▶ _YOUR INSTRUCTIONS_
Pull every line that holds the word "hard" from the entries.

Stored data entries
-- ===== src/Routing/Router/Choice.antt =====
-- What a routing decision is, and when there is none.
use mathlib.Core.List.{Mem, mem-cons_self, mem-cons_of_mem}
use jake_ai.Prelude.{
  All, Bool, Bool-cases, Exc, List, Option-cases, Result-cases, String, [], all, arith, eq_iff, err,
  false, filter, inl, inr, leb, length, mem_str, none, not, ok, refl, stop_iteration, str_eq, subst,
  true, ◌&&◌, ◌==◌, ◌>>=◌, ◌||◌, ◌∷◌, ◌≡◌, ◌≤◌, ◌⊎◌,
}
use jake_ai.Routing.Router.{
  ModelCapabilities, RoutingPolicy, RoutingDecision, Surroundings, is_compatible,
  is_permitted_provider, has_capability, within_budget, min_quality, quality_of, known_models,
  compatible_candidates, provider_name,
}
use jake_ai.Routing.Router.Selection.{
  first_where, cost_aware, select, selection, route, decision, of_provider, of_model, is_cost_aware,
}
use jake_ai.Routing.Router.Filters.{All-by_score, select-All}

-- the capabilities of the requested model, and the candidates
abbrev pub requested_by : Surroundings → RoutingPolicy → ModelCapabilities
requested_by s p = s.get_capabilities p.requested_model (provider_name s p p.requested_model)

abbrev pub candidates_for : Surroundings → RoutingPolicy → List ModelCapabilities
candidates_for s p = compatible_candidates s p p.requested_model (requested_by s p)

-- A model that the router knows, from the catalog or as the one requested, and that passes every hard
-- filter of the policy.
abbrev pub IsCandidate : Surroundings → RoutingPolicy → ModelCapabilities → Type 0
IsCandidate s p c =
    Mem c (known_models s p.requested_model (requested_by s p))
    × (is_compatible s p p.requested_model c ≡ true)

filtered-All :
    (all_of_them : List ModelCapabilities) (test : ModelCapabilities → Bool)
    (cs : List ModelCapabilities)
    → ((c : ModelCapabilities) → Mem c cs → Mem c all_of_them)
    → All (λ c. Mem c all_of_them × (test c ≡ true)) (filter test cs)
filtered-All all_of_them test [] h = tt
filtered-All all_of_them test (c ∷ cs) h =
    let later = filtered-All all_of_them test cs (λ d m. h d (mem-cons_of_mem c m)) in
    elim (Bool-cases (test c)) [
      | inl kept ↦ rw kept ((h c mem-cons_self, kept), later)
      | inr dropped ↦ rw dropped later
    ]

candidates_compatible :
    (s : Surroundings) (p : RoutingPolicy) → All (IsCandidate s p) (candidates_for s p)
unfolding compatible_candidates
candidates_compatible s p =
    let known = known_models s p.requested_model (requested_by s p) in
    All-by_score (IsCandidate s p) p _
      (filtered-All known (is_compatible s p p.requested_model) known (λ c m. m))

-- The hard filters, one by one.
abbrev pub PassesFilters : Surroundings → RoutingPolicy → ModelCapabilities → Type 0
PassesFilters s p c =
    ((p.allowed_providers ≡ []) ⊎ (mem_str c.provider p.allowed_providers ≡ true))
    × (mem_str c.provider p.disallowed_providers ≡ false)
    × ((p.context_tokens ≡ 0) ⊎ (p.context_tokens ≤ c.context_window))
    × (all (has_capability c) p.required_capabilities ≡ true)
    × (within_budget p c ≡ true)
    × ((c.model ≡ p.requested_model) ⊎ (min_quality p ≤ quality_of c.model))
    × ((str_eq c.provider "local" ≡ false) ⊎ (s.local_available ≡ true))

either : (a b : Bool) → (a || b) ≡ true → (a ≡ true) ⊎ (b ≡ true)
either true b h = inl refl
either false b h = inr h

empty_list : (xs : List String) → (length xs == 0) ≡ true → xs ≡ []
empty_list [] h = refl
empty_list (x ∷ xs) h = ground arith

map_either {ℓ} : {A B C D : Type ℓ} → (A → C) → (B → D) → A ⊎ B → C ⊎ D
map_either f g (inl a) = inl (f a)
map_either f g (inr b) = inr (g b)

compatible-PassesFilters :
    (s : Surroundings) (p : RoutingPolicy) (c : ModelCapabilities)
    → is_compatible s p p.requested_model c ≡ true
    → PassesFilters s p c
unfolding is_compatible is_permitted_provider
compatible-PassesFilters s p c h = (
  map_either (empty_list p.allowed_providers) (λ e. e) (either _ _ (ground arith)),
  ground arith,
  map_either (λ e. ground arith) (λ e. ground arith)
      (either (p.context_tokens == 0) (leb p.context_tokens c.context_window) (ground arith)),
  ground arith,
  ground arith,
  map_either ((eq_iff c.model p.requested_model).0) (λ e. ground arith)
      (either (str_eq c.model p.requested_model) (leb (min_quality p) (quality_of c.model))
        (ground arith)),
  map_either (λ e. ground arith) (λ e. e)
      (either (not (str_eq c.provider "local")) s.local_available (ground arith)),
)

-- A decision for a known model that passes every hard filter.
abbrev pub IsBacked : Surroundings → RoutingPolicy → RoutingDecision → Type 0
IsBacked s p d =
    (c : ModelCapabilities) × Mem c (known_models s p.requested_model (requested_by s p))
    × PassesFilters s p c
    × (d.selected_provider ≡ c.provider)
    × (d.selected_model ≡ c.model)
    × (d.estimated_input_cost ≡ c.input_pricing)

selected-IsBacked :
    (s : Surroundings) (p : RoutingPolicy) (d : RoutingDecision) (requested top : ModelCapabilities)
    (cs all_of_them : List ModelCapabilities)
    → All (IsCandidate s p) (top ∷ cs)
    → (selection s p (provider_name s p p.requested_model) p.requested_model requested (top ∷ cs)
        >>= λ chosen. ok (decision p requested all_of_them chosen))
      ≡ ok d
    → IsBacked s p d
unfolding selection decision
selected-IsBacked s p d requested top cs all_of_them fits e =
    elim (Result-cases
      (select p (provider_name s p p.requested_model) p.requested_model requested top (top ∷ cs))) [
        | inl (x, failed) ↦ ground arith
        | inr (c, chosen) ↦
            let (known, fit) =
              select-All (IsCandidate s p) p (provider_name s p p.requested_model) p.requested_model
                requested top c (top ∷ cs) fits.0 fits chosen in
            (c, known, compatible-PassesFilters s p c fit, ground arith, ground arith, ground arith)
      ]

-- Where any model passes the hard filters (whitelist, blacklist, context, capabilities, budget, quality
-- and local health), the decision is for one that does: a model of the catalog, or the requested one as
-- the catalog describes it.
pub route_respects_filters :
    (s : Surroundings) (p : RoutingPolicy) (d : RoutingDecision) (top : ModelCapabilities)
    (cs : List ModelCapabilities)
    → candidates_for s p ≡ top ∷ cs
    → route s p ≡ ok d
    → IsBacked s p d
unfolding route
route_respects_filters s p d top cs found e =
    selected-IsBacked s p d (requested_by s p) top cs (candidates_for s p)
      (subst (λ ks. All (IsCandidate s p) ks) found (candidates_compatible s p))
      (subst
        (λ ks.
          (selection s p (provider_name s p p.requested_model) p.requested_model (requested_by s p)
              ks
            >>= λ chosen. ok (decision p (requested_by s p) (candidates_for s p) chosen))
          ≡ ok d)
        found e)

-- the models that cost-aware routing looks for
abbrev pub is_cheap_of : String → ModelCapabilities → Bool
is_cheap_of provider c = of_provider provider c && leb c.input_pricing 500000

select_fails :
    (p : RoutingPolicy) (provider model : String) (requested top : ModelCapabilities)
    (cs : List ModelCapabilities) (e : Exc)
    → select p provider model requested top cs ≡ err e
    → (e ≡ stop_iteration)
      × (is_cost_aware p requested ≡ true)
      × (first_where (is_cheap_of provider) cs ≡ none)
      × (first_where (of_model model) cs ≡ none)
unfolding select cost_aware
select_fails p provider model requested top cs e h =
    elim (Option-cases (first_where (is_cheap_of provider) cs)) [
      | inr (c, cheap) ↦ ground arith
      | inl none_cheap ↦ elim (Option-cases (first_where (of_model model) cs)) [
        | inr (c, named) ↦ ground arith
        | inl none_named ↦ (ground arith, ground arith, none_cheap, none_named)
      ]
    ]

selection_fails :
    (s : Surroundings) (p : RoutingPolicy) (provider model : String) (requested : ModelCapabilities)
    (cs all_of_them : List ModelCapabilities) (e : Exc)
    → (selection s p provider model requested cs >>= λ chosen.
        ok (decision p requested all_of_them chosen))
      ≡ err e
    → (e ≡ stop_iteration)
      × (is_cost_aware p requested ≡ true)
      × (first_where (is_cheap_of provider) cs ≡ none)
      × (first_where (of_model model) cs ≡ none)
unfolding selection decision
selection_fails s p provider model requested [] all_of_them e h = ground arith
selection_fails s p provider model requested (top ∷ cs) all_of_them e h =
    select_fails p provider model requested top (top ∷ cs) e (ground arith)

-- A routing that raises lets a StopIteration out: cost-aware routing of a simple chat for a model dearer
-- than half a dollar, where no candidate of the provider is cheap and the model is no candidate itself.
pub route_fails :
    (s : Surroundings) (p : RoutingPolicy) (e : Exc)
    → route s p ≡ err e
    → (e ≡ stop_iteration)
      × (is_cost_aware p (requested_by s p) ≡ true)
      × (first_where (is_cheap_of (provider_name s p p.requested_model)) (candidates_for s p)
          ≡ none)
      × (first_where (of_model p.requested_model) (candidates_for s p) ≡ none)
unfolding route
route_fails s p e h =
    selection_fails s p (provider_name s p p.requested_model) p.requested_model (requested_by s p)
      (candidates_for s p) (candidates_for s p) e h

==

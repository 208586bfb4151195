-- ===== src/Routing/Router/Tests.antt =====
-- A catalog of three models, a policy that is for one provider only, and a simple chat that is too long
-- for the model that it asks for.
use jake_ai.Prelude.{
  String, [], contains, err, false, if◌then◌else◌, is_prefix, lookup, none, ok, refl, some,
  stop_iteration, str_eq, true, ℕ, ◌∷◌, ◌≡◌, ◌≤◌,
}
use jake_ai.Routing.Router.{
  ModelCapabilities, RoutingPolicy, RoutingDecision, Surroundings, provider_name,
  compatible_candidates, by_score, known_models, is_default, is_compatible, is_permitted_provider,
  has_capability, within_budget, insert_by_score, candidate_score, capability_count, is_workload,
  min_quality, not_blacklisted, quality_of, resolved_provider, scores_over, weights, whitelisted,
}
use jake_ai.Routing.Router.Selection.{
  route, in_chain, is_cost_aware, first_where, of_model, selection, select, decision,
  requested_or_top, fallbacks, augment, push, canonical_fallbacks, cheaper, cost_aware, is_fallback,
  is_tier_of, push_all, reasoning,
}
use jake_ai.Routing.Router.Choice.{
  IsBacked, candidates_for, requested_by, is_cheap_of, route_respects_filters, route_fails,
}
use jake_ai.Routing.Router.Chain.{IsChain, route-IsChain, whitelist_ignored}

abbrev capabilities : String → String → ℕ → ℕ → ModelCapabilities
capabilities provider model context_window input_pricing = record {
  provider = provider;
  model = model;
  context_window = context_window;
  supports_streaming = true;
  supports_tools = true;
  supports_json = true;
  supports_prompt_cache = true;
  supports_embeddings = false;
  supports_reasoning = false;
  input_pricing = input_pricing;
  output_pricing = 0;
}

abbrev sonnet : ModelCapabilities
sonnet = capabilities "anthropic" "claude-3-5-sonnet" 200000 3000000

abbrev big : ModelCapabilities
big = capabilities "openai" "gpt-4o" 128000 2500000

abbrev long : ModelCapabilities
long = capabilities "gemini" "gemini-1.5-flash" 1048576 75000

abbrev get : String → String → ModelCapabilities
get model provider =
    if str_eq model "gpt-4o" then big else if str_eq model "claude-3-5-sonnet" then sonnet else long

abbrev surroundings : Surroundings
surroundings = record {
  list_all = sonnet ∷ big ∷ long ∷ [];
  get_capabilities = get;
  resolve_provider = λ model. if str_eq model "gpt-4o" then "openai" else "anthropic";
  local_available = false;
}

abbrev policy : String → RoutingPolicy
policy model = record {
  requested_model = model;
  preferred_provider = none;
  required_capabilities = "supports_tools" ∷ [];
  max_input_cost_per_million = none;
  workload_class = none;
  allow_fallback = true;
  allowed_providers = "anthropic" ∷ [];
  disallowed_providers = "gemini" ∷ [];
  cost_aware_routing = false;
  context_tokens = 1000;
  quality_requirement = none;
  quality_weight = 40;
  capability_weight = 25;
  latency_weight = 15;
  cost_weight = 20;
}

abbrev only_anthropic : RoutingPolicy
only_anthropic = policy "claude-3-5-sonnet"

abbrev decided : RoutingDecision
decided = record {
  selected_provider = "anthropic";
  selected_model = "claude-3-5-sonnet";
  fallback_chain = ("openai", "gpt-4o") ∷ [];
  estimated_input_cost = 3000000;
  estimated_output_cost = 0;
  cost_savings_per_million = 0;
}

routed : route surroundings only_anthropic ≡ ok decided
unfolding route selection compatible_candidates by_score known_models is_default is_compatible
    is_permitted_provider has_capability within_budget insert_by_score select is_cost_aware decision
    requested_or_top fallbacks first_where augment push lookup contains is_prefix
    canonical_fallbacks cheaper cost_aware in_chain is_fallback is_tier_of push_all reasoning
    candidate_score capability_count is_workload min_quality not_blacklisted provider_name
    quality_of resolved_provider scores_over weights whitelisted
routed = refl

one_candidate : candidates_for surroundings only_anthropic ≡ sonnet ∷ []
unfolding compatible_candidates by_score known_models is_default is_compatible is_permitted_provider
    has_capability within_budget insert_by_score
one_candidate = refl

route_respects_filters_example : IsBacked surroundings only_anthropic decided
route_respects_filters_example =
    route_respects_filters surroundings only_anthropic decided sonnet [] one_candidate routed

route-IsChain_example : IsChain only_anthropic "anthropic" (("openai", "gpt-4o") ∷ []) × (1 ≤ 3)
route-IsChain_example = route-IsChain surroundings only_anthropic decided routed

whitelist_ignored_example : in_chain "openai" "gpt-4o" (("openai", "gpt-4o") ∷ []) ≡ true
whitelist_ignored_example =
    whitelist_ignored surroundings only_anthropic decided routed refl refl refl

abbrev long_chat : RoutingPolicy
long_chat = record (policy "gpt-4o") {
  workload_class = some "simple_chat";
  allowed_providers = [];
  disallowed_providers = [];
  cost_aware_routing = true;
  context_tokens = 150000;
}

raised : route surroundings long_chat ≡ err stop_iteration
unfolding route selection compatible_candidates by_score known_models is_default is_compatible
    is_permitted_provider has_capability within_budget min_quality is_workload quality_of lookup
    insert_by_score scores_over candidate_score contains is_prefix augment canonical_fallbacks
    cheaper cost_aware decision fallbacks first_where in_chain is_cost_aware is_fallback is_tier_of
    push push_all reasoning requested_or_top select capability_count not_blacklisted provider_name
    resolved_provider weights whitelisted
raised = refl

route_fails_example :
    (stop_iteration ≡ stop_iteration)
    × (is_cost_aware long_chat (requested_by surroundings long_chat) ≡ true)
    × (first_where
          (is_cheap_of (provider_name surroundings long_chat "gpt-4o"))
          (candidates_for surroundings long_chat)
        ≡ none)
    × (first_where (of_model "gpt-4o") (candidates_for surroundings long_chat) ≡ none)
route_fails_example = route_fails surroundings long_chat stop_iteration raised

▶ _ANSWER BELOW_
-- A model that the router knows, from the catalog or as the one requested, and that passes every hard
-- The hard filters, one by one.
-- A decision for a known model that passes every hard filter.
-- Where any model passes the hard filters (whitelist, blacklist, context, capabilities, budget, quality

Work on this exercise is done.